Task details:
Copy out the lines below that hold the word "Payload".

==== Material supplied

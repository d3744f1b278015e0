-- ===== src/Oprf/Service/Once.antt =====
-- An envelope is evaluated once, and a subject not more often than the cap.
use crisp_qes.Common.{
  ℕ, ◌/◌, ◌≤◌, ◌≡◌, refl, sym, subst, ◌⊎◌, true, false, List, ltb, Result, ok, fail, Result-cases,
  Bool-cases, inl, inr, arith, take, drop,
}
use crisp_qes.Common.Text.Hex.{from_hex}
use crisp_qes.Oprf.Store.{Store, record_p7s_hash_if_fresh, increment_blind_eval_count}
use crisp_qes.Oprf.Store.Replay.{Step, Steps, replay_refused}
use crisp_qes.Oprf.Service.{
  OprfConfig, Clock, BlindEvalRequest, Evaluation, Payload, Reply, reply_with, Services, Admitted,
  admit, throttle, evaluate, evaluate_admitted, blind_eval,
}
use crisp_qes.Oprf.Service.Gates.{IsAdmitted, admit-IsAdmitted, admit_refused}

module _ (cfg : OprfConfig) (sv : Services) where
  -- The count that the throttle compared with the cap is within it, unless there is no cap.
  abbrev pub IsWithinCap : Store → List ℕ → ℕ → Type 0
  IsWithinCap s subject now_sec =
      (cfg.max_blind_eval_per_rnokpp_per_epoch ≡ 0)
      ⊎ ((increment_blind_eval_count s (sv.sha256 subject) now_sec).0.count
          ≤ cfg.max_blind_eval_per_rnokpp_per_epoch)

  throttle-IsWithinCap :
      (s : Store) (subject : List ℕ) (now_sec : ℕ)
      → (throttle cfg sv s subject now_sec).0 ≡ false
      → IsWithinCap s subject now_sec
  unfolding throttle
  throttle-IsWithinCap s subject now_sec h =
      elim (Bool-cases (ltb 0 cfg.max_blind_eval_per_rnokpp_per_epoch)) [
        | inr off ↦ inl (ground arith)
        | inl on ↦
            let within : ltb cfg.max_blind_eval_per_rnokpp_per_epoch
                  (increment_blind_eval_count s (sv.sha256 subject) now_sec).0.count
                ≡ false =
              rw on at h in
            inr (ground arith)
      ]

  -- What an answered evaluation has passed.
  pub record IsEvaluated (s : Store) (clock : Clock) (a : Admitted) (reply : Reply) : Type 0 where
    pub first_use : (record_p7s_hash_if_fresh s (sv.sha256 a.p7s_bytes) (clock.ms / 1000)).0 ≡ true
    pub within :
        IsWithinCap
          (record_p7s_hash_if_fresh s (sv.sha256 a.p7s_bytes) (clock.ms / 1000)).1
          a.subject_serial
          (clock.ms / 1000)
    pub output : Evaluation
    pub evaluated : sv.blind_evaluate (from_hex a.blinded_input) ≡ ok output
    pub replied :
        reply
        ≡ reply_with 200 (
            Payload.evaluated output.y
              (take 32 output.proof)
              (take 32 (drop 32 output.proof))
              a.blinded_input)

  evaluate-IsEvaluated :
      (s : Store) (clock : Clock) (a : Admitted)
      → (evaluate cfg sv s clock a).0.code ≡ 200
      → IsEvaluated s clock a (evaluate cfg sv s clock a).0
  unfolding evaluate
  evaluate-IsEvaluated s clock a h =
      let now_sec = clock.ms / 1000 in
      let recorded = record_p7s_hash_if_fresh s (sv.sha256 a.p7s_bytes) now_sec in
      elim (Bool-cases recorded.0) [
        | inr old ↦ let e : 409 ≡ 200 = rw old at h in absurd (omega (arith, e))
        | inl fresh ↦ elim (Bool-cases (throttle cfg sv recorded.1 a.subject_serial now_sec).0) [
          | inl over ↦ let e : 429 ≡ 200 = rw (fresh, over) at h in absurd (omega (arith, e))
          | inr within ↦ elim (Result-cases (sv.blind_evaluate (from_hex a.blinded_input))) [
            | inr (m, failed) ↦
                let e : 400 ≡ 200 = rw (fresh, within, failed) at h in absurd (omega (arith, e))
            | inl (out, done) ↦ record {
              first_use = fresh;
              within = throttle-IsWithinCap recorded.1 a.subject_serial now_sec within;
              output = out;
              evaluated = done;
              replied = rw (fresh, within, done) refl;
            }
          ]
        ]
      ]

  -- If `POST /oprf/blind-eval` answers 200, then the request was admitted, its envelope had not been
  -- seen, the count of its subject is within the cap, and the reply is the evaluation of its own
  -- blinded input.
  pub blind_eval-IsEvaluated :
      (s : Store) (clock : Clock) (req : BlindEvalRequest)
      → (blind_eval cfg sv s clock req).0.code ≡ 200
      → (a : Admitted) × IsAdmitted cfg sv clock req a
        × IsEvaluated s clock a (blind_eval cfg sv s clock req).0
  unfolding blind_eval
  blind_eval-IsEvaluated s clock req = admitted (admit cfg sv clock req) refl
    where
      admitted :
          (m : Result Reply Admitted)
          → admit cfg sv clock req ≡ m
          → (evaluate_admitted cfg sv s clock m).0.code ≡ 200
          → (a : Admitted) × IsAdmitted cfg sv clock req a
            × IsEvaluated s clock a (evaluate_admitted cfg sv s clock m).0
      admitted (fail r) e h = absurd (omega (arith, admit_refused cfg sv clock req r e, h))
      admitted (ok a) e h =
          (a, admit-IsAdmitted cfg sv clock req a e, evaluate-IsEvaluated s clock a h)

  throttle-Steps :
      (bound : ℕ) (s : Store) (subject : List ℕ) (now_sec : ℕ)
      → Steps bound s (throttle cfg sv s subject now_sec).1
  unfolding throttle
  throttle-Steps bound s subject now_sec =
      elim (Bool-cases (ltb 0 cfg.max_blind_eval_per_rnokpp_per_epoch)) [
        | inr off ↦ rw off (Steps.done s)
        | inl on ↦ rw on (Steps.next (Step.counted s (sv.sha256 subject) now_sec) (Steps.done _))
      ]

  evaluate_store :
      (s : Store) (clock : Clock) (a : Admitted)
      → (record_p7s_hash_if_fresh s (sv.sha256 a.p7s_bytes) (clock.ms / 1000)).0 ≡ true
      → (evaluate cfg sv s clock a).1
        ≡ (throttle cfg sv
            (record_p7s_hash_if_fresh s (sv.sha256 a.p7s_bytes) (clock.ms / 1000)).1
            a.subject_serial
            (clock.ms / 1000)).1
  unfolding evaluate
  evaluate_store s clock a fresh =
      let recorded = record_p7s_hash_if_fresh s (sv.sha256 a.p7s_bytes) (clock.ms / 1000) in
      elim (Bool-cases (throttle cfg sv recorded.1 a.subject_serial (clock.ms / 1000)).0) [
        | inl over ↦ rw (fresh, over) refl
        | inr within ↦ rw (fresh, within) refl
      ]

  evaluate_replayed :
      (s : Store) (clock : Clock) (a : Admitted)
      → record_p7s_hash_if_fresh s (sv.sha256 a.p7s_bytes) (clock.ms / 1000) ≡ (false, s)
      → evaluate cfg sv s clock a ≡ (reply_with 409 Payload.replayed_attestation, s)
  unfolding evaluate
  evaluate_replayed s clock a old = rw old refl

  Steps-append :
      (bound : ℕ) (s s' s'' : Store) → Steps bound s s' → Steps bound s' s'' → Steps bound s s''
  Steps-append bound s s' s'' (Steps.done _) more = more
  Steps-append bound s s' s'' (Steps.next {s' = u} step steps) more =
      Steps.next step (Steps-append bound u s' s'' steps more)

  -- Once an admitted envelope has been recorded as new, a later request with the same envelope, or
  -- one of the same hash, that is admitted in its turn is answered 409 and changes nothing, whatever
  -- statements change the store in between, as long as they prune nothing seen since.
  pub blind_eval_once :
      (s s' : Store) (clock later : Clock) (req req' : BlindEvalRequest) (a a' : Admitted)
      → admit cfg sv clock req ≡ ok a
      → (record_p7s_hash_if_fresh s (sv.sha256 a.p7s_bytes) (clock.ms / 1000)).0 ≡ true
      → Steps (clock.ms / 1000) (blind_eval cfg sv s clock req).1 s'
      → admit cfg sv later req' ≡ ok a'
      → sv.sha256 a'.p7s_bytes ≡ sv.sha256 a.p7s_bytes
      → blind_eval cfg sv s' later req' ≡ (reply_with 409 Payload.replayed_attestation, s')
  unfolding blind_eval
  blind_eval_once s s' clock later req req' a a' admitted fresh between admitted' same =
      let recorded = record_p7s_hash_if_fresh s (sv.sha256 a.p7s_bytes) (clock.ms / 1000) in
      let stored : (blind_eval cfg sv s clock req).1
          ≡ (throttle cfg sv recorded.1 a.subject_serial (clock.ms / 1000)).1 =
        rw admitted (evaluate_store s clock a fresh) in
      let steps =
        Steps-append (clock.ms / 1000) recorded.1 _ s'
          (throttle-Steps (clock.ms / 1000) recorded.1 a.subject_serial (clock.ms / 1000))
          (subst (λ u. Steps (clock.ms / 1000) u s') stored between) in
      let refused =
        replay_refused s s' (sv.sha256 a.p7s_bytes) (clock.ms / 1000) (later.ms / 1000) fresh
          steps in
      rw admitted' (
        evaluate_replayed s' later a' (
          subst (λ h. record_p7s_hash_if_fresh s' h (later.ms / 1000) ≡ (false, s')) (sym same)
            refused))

========
==== Material supplied

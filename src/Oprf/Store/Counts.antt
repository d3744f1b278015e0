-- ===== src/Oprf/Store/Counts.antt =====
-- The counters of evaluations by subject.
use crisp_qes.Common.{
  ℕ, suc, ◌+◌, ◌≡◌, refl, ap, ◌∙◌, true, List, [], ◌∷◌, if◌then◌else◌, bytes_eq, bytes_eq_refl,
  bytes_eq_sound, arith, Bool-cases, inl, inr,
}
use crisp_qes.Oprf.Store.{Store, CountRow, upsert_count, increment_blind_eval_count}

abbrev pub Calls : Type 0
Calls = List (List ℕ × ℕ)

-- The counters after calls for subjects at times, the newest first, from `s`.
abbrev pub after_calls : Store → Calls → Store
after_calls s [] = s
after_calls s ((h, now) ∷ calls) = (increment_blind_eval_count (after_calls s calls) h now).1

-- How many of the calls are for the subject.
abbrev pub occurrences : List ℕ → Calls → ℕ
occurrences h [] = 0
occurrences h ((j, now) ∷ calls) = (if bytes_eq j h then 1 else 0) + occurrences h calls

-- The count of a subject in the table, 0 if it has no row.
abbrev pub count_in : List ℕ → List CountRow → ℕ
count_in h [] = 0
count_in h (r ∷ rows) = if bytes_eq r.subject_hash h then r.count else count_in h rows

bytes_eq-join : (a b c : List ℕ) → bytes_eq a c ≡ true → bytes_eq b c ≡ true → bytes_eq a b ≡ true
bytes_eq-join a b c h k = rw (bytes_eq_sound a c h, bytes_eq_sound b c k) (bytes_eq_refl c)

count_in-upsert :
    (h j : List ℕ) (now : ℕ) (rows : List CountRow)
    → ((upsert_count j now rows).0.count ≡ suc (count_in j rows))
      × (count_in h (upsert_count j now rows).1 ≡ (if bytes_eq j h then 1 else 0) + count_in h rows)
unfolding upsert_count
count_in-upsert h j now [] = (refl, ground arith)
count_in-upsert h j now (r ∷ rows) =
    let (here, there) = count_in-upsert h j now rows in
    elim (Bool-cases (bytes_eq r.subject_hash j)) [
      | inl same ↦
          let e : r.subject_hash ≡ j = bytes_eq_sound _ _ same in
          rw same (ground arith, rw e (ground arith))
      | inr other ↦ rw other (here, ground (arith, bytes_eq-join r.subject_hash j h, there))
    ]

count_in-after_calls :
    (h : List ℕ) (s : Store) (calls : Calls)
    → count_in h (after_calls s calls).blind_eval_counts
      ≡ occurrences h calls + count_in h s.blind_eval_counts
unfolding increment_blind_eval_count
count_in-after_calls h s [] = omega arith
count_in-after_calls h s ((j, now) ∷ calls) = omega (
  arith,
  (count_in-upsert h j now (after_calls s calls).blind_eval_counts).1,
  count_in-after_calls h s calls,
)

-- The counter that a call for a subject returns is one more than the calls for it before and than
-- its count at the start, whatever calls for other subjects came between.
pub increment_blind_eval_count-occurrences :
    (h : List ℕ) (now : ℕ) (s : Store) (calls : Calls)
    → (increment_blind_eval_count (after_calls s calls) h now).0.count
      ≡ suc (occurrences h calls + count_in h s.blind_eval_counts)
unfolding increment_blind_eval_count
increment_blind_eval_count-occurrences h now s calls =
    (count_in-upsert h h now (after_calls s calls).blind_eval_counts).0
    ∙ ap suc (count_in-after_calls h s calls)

========

Answer to this exercise:
  OprfConfig, Clock, BlindEvalRequest, Evaluation, Payload, Reply, reply_with, Services, Admitted,
            Payload.evaluated output.y
      → evaluate cfg sv s clock a ≡ (reply_with 409 Payload.replayed_attestation, s)
      → blind_eval cfg sv s' later req' ≡ (reply_with 409 Payload.replayed_attestation, s')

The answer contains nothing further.